Stone Brewing Company, Napa, California
Stone Brewing Company, Napa, California

Stone Brewing Co.

BreweriesSan Diego CountyCraft BeerSan MarcosEscondido
4 min read

In 1996, two friends named Steve Wagner and Greg Koch opened a small brewery in San Marcos, California, at a location that is now home to Port Brewing Company and The Lost Abbey. They named their first beer Stone Pale Ale and made it considerably hoppier than what most American drinkers expected. That early commitment to intensity — to beers with high hop content and average alcohol strength between 6% and 10% — defined the company's identity. By 2020, Stone Brewing had grown into the ninth-largest craft brewery in the United States, a trajectory that ran through Escondido, Richmond, Berlin, and Napa before landing with a $168 million acquisition by Sapporo Breweries.

Arrogant Bastard and the San Diego Identity

Stone's best-known brand is Arrogant Bastard Ale, a beer whose name and marketing persona lean into a provocation that the craft beer world found both irritating and irresistible. Craft beer reviewers at RateBeer and BeerAdvocate rated Stone as a world-class brewery, and BeerAdvocate's readers voted it the number-one 'All Time Top Brewery on Planet Earth' — the kind of superlative that means something among devoted drinkers and almost nothing to anyone else, but that circulates in enthusiast communities with genuine force.

Arrogant Bastard Ale has been described as a 'watershed beer' that 'put San Diego on the craft brew map.' That framing positions Stone as central to what became one of the most recognized craft beer regions in the country, a cluster of San Diego County breweries — many of them hops-forward, many of them now nationally distributed — that emerged from the same coastal California culture that produced Stone.

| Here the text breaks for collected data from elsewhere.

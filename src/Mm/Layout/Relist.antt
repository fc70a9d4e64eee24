-- ===== src/Mm/Layout/Relist.antt =====
-- A block enters or leaves its free list: the heap stays sound.
use computer_systems_project.Base.{
  ℕ, ◌+◌, ◌-◌, ◌<◌, ◌≤◌, ◌≡◌, ◌≢◌, refl, sym, ap, subst, ◌∙◌, ◌⊎◌, inl, inr, Bool, true, false, not,
  ◌==◌, if◌then◌else◌, Bool-cases, List, [], ◌∷◌, ◌++◌, length, ==→eq, ==→ne, arith,
}
use computer_systems_project.Mm.{Memory, min_block_size, find_seg_list_class}
use computer_systems_project.Mm.Words.{Says}
use computer_systems_project.Mm.Classes.{class_range, class_first}
use computer_systems_project.Mm.Lists.{Heap, next_at, prev_at}
use computer_systems_project.Mm.Lists.Chain.{head_of, Distinct, Chain}
use computer_systems_project.Mm.Layout.{
  Block, end_of, min_after, alloc_after, Part, At, In, count_listed, total, Sound,
}
use computer_systems_project.Mm.Layout.Blocks.{
  end_of-append, min_after-append, alloc_after-append, At-middle, At-replace, At-Apart, At-HoldsAt,
  Part-agree, count_listed-append,
}
use computer_systems_project.Mm.Layout.Members.{
  Chain-agree, update, update_self, update_ne, total-update,
}
use computer_systems_project.Mm.Layout.Frame.{
  Untouched, FreeAt, UsedAt, header-Untouched, footer-Untouched, used-Untouched, end-Untouched,
  links-Untouched,
}

-- Only the flag `listed` of one block changes.
Part-relist :
    (mem : Memory) (p : ℕ) (pm pa : Bool) (xs ys : List Block) (b : Block) (l : Bool)
    → b.alloc ≡ false
    → Part mem p pm pa (xs ++ b ∷ ys)
    → Part mem p pm pa (xs ++ record b { listed = l } ∷ ys)
Part-relist mem p pm pa [] ys b l free h = (
  (record {
    aligned = h.0.aligned;
    least = h.0.least;
    header = h.0.header;
    footer = h.0.footer;
    free = λ e. free;
  }),
  h.1,
)
Part-relist mem p pm pa (c ∷ xs) ys b l free h =
    (h.0, Part-relist mem (p + c.size) (c.size == min_block_size) c.alloc xs ys b l free h.1)

-- The two blocks of one address are one.
pub At-unique :
    (p : ℕ) (bs : List Block) (x : ℕ) (a b : Block)
    → 16 ≤ a.size
    → 16 ≤ b.size
    → At p bs x a
    → At p bs x b
    → a ≡ b
At-unique p bs x a b la lb h k = elim (At-Apart p bs x x a b h k) [
  | inl s ↦ s.1
  | inr (inl s) ↦ absurd (omega (arith, s, la))
  | inr (inr s) ↦ absurd (omega (arith, s, lb))
]

module _ (h h' : Heap) (p : ℕ) (front rest : List Block) (b : Block) (lists : ℕ → List ℕ)
    (s : Sound h p (front ++ b ∷ rest) lists) (free : b.alloc ≡ false) (l : Bool) (members : List ℕ)
    (old_or_new : (x : ℕ)
      → In x members
      → ((x ≢ end_of p front) × In x (lists (find_seg_list_class b.size)))
        ⊎ ((x ≡ end_of p front) × (l ≡ true)))
    (kept : (x : ℕ) → In x (lists (find_seg_list_class b.size)) → x ≢ end_of p front → In x members)
    (mine : l ≡ true → In (end_of p front) members)
    (amount : length members + (if b.listed then 1 else 0)
      ≡ length (lists (find_seg_list_class b.size)) + (if l then 1 else 0))
    (seg_here : h'.seg_list (find_seg_list_class b.size) ≡ head_of members)
    (seg_other : (k : ℕ) → k ≢ find_seg_list_class b.size → h'.seg_list k ≡ h.seg_list k)
    (linked : Chain h'.mem (not (find_seg_list_class b.size == 0)) 0 members)
    (differ : Distinct members)
    (only : (x : ℕ)
      → Untouched
          (not (find_seg_list_class b.size == 0))
          (λ t. (t ≡ end_of p front) ⊎ In t (lists (find_seg_list_class b.size)))
          x
      → h'.mem x ≡ h.mem x) where
  abbrev q : ℕ
  q = end_of p front

  abbrev c : ℕ
  c = find_seg_list_class b.size

  abbrev b' : Block
  b' = record b { listed = l }

  abbrev old : List Block
  old = front ++ b ∷ rest

  abbrev new : List Block
  new = front ++ b' ∷ rest

  least-At : (x : ℕ) (a : Block) → At p old x a → 16 ≤ a.size
  least-At x a at = (At-HoldsAt h.mem p false true old x a s.start s.part at).holds.least

  least : 16 ≤ b.size
  least = least-At q b (At-middle p front rest b)

  c_range : c < 14
  c_range = class_range b.size

  large_of :
      (a : Block)
      → 16 ≤ a.size
      → (k : ℕ) → find_seg_list_class a.size ≡ k
      → not (k == 0) ≡ true
      → min_block_size < a.size
  large_of a la k e t =
      let z : (find_seg_list_class a.size == 0) ≡ (a.size == min_block_size) =
        class_first a.size la in
      let z' : (k == 0) ≡ (a.size == min_block_size) =
        subst (λ n. (n == 0) ≡ (a.size == min_block_size)) e z in
      ground (arith, z', t, la)

  listed_free : (k x : ℕ) → k < 14 → In x (lists k) → FreeAt p old (not (k == 0)) k x
  listed_free k x lt i =
      let (a, at, on, e) = s.in_block k x lt i in
      let known = At-HoldsAt h.mem p false true old x a s.start s.part at in
      record {
        a = a;
        at = at;
        free = known.holds.free on;
        large = large_of a known.holds.least k e;
        class = e;
      }

  touched_free : (t : ℕ) → (t ≡ q) ⊎ In t (lists c) → FreeAt p old (not (c == 0)) c t
  touched_free t (inl e) =
      subst (λ x. FreeAt p old (not (c == 0)) c x) (sym e)
        (record {
          a = b;
          at = At-middle p front rest b;
          free = free;
          large = large_of b least c refl;
          class = refl;
        })
  touched_free t (inr i) = listed_free c t c_range i

  abbrev both : Bool
  both = not (c == 0)

  part_old : Part h'.mem p false true old
  part_old =
      Part-agree h.mem h'.mem p false true old
        (λ x a at. (
          only x (λ t i.
              header-Untouched h.mem p false true old s.start s.part both c t (touched_free t i) x a
                at),
          (λ f g. only (x + a.size - 8) (λ t i.
              footer-Untouched h.mem p false true old s.start s.part both c t (touched_free t i) x a
                at g)),
        ))
        s.part

  end_same : end_of p new ≡ end_of p old
  end_same = end_of-append p front (b' ∷ rest) ∙ sym (end_of-append p front (b ∷ rest))

  epilogue' : Says (h'.mem (end_of p new)) 0 (min_after false new) (alloc_after true new) true
  epilogue' =
      let m =
        min_after-append false front (b' ∷ rest) ∙ sym (min_after-append false front (b ∷ rest)) in
      let a =
        alloc_after-append true front (b' ∷ rest)
        ∙ sym (alloc_after-append true front (b ∷ rest)) in
      let w =
        only (end_of p old) (λ t i.
          end-Untouched h.mem p false true old s.start s.part both c t (touched_free t i)) in
      rw (end_same, m, a, w) s.epilogue

  chain' : (k : ℕ) → k ≢ c → k < 14 → Chain h'.mem (not (k == 0)) 0 (lists k)
  chain' k other lt =
      Chain-agree h.mem h'.mem (not (k == 0)) 0 (lists k)
        (λ y i.
          let apart = λ (t : ℕ) (j : (t ≡ q) ⊎ In t (lists c)).
            links-Untouched h.mem p false true old s.start s.part both c t (touched_free t j)
              (not (k == 0)) k y other (listed_free k y lt i) in
          (
            only (next_at y) (λ t j. (apart t j).0),
            (λ e. only (prev_at y) (λ t j. (apart t j).1 e)),
          ))
        (s.chain k lt)

  In-block' :
      (k x : ℕ)
      → k < 14
      → In x (lists k)
      → x ≢ q
      → (a : Block) × At p new x a × (a.listed ≡ true) × (find_seg_list_class a.size ≡ k)
  In-block' k x lt i other =
      let (a, at, on, e) = s.in_block k x lt i in
      (a, At-replace p front rest b b' x a refl other at, on, e)

  elsewhere : (k x : ℕ) → k ≢ c → k < 14 → In x (lists k) → x ≢ q
  elsewhere k x other lt i e =
      let (a, at, on, f) = s.in_block k x lt i in
      let at' = subst (λ y. At p old y a) e at in
      let same = At-unique p old q a b (least-At q a at') least at' (At-middle p front rest b) in
      other (sym f ∙ ap (λ (t : Block). find_seg_list_class t.size) same)

  In-members :
      (x : ℕ)
      → In x members
      → (a : Block) × At p new x a × (a.listed ≡ true) × (find_seg_list_class a.size ≡ c)
  In-members x i = elim (old_or_new x i) [
    | inl o ↦ In-block' c x c_range o.1 o.0
    | inr e ↦ (b', subst (λ y. At p new y b') (sym e.0) (At-middle p front rest b'), e.1, refl)
  ]

  least_new : (x : ℕ) (a : Block) → At p new x a → 16 ≤ a.size
  least_new x a at =
      (At-HoldsAt h'.mem p false true new x a s.start
        (Part-relist h'.mem p false true front rest b l free part_old) at).holds.least

  In-list' :
      (x : ℕ) (a : Block)
      → At p new x a
      → a.listed ≡ true
      → In x (update lists c members (find_seg_list_class a.size))
  In-list' x a at on = elim (Bool-cases (x == q)) [
    | inl here ↦
        let e : x ≡ q = ==→eq x q here in
        let at' = subst (λ y. At p new y a) e at in
        let same : a ≡ b' =
          At-unique p new q a b' (least_new q a at') least at' (At-middle p front rest b') in
        let on' : l ≡ true = ap (λ (t : Block). t.listed) (sym same) ∙ on in
        let cl : find_seg_list_class a.size ≡ c =
          ap (λ (t : Block). find_seg_list_class t.size) same in
        subst (λ k. In x (update lists c members k)) (sym cl)
          (rw (update_self lists c members, e) (mine on'))
    | inr there ↦
        let ne : x ≢ q = ==→ne x q there in
        let i = s.in_list x a (At-replace p front rest b' b x a refl ne at) on in
        elim (Bool-cases (find_seg_list_class a.size == c)) [
          | inl same ↦
              let cl = ==→eq (find_seg_list_class a.size) c same in
              rw same (kept x (subst (λ k. In x (lists k)) cl i) ne)
          | inr diff ↦ rw diff i
        ]
  ]

  counted' : total 14 (update lists c members) ≡ count_listed new
  counted' = omega (
    arith,
    total-update 14 lists c members c_range,
    amount,
    s.counted,
    count_listed-append front (b ∷ rest),
    count_listed-append front (b' ∷ rest),
  )

  pub relist-Sound : Sound h' p new (update lists c members)
  relist-Sound = record {
    start = s.start;
    part = Part-relist h'.mem p false true front rest b l free part_old;
    epilogue = epilogue';
    first = λ k lt. elim (Bool-cases (k == c)) [
      | inl e ↦ rw e (ap h'.seg_list (==→eq k c e) ∙ seg_here)
      | inr e ↦ rw e (seg_other k (==→ne k c e) ∙ s.first k lt)
    ];
    chain = λ k lt. elim (Bool-cases (k == c)) [
      | inl e ↦ rw e (subst (λ n. Chain h'.mem (not (n == 0)) 0 members) (sym (==→eq k c e)) linked)
      | inr e ↦ rw e (chain' k (==→ne k c e) lt)
    ];
    distinct =
        λ k lt. elim (Bool-cases (k == c)) [ inl e ↦ rw e differ | inr e ↦ rw e (s.distinct k lt) ];
    in_block = λ k x lt i. elim (Bool-cases (k == c)) [
      | inl e ↦
          let k_is = ==→eq k c e in
          let i' : In x members = subst (λ (t : List ℕ). In x t) (rw e refl) i in
          subst
            (λ n. (a : Block) × At p new x a × (a.listed ≡ true) × (find_seg_list_class a.size ≡ n))
            (sym k_is) (In-members x i')
      | inr e ↦
          let other = ==→ne k c e in
          let i' : In x (lists k) =
            subst (λ (t : List ℕ). In x t) (update_ne lists c members k other) i in
          In-block' k x lt i' (elsewhere k x other lt i')
    ];
    in_list = In-list';
    counted = counted';
  }

  -- The words of the allocated blocks are kept.
  pub relist-used : (y : ℕ) → UsedAt p old y → h'.mem y ≡ h.mem y
  relist-used y u =
      only y (λ t i.
        used-Untouched h.mem p false true old s.start s.part both c t (touched_free t i) y u)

From San Marcos to Escondido

In 2006, Stone relocated from its original San Marcos facility to a custom-designed brewery in Escondido, 10 miles to the east. The Escondido campus grew into something more than a production facility: the site includes Stone Brewing World Bistro & Gardens, an 8,500-square-foot restaurant with a large outdoor patio and an acre of gardens. The brewery produced 325,645 US beer barrels in 2015.

A second World Bistro opened in May 2013 at Liberty Station in San Diego's Point Loma neighborhood, occupying the former mess hall and several historic buildings of the former Naval Training Center. At 23,500 square feet with seating for 700, it was a statement about how far Stone had traveled from its San Marcos strip-mall origins. Stone Company Stores in Oceanside, Pasadena, and Little Italy completed the footprint across the region.

Berlin, Richmond, and the Limits of Expansion

Stone's expansion beyond California accelerated in 2014. The company announced a new brewery in Richmond, Virginia — its first in the eastern United States — beating out Columbus and Norfolk. Virginia Governor Terry McAuliffe made the formal announcement in October 2014. The Stone Company Store Richmond opened in March 2016; brewing began that July.

Europe followed. A 100-hectoliter brewery in Berlin Mariendorf went into operation in June 2016, distributing Stone IPA and Arrogant Bastard Ale across 14 European countries. Stone Brewing World Bistro & Gardens Berlin opened the same year. In April 2019, the entire Berlin operation was sold to BrewDog, the Scottish craft beer company — an early sign that the economics of international craft brewery operations don't always work as planned.

In Napa, a tap room opened in May 2018 in the historic Borrero building downtown — a 10-barrel system that served local customers while the main production remained in Escondido.

The Sapporo Acquisition

In June 2022, Sapporo Breweries announced an agreement to purchase Stone Brewing for $168 million. The sale closed in August 2022, with the Stone brewery taking on production of Sapporo beers in California for distribution across North America. Stone Distributing became its own independent company. The deal valued a brewery that had started with a small San Marcos facility at roughly three hundred times the scale of its origins.

In January 2025, Sapporo announced a $91 million impairment charge on the goodwill of the Stone acquisition — an accounting acknowledgment that the purchase price had exceeded what the business subsequently warranted. In April 2026, Sapporo announced it was selling Stone Brewing to Firestone Walker Brewing and Duvel Moortgat USA, with the deal expected to close in mid-2026. Stone Brewing had filed a lawsuit against MillerCoors in February 2018, alleging that the makers of Keystone beer were attempting to co-opt the Stone name through packaging that emphasized the word 'Stone.' The litigation marked a moment when the craft category had grown large enough to protect its turf through the courts as well as through its hops.

From the Air

Stone Brewing's Escondido headquarters is located at 33.12°N, 117.12°W in the North County interior, approximately 5 miles east of San Marcos where the brewery was founded. The large brewery campus includes gardens visible from lower altitudes. McClellan-Palomar Airport (CLD) is approximately 12 miles to the northwest. The original San Marcos brewing location is now occupied by Port Brewing Company and The Lost Abbey. Best viewed at 3,000-5,000 feet AGL.